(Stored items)
===============
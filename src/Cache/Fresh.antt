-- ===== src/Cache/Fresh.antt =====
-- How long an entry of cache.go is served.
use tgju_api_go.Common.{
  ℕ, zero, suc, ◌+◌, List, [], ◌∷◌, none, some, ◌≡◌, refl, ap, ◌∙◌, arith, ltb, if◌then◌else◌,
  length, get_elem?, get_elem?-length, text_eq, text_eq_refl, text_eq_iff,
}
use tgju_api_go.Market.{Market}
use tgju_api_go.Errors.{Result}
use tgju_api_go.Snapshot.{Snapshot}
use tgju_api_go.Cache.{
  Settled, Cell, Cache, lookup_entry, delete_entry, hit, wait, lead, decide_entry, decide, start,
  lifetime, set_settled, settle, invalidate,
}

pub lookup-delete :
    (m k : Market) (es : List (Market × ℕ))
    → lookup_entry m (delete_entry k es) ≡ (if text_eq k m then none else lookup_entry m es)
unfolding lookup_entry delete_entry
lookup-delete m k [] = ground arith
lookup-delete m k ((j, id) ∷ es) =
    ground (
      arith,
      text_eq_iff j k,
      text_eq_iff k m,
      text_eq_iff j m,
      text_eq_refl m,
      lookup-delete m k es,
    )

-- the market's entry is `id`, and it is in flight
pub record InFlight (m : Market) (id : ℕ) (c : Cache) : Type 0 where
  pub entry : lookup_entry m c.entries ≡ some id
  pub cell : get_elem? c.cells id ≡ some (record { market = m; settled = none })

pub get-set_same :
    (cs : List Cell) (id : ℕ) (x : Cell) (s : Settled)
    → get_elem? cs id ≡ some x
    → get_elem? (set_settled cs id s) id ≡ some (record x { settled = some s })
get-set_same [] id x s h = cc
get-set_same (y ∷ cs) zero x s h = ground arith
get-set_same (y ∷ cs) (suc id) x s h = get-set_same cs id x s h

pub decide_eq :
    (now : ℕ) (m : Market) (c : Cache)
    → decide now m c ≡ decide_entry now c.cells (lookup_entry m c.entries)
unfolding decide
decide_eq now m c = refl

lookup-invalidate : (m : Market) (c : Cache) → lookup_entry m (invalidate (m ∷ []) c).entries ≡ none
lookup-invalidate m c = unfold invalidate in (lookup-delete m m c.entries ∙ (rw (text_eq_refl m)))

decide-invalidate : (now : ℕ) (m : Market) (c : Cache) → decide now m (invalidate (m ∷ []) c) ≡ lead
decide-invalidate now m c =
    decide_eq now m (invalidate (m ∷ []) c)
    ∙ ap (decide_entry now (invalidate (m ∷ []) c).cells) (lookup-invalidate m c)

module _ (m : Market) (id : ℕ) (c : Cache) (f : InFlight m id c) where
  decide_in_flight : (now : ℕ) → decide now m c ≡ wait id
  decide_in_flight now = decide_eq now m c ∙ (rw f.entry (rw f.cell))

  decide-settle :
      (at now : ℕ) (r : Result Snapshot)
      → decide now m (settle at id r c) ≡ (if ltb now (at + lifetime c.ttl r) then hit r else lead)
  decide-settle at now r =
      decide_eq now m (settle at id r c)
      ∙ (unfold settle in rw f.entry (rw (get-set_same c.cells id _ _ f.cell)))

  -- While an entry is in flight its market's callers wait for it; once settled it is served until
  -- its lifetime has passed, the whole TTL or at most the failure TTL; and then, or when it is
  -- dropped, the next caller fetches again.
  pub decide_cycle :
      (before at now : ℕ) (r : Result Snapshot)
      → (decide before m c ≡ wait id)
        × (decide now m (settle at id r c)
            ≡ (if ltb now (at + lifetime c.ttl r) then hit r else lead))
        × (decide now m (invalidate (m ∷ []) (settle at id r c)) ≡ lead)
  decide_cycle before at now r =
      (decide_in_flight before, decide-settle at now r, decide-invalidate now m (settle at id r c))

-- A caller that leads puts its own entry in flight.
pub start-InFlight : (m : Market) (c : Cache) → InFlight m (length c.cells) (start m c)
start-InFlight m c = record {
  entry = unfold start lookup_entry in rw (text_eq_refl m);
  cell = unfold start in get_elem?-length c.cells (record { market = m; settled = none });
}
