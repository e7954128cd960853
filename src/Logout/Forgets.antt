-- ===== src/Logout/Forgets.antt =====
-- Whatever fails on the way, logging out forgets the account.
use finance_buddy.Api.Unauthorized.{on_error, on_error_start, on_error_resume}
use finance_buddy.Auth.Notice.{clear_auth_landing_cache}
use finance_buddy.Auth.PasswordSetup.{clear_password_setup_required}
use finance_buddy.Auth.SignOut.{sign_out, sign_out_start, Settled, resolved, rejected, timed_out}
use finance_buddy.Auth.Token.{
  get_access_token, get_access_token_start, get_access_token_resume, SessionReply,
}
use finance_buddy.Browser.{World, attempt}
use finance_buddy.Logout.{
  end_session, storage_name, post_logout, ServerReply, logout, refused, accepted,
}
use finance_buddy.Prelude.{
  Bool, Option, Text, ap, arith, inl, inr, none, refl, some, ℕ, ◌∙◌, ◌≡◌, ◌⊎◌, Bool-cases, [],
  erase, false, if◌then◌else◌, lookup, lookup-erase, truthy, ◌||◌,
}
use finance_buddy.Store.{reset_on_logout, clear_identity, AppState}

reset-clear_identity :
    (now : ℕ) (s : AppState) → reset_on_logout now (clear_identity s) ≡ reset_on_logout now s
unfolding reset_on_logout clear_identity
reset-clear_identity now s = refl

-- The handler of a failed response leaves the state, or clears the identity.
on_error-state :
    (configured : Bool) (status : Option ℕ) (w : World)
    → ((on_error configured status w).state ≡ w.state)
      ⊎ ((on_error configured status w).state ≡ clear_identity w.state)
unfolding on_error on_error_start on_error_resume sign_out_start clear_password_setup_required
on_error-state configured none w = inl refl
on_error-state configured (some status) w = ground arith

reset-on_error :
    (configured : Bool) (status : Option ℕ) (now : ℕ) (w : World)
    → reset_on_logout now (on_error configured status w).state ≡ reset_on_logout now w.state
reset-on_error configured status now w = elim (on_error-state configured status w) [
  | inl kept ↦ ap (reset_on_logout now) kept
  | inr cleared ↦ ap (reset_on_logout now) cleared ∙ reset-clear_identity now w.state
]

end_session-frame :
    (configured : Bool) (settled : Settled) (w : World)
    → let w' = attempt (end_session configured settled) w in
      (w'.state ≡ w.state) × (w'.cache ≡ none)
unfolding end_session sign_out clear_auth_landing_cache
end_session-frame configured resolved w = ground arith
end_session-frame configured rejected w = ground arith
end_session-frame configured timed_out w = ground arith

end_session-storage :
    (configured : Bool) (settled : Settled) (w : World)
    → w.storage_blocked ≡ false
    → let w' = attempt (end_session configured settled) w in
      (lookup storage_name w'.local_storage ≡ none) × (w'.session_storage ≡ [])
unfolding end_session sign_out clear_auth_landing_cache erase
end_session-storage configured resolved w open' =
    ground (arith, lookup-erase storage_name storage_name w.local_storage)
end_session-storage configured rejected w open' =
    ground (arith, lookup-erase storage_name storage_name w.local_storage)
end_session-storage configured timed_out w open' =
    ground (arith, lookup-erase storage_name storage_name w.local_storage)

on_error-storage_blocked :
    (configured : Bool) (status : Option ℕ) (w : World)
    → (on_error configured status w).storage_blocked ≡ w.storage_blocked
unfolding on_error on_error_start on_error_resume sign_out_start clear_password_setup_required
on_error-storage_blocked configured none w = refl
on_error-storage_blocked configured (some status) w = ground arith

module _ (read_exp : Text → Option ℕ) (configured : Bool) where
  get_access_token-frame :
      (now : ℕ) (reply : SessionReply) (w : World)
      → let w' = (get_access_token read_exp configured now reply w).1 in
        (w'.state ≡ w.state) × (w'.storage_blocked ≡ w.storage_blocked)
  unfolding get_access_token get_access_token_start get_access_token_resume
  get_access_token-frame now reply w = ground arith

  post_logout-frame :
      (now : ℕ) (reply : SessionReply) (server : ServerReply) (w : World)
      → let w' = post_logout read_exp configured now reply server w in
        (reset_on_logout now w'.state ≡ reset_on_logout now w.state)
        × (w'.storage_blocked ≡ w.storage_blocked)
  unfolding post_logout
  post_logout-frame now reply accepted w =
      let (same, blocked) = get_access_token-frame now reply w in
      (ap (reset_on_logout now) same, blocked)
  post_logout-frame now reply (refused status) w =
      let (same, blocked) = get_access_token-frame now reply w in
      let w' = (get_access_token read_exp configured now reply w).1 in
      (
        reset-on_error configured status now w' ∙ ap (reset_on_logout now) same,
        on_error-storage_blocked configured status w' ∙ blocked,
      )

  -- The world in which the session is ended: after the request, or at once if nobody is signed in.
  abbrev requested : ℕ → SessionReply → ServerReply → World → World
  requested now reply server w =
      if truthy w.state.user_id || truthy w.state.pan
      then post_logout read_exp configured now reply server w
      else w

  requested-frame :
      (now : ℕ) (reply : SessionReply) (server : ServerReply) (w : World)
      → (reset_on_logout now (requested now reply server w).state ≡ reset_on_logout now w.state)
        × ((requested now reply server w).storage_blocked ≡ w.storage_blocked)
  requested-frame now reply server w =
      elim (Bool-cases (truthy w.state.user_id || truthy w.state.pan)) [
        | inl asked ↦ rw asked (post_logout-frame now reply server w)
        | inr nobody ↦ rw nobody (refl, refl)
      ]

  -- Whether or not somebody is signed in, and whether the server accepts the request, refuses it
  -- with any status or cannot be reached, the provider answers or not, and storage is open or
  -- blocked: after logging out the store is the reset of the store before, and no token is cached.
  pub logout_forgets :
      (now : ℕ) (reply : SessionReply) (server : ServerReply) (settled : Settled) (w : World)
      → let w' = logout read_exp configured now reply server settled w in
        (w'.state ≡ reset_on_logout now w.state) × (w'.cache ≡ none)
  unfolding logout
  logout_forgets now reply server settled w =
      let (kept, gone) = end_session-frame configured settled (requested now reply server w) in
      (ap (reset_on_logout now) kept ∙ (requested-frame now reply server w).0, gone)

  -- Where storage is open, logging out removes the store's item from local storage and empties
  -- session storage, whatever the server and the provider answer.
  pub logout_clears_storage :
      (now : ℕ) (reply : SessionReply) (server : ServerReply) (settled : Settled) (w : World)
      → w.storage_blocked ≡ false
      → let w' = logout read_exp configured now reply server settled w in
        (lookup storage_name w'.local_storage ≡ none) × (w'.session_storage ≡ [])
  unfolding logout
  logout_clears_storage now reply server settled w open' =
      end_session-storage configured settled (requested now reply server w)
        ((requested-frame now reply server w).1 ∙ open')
===============
• **Exercise requirements**: Only lines holding the word "module" are wanted, so copy each of them from the records above.

• **Reply**:
module _ (m : Market) (id : ℕ) (c : Cache) (f : InFlight m id c) where
module _ (read_exp : Text → Option ℕ) (configured : Bool) where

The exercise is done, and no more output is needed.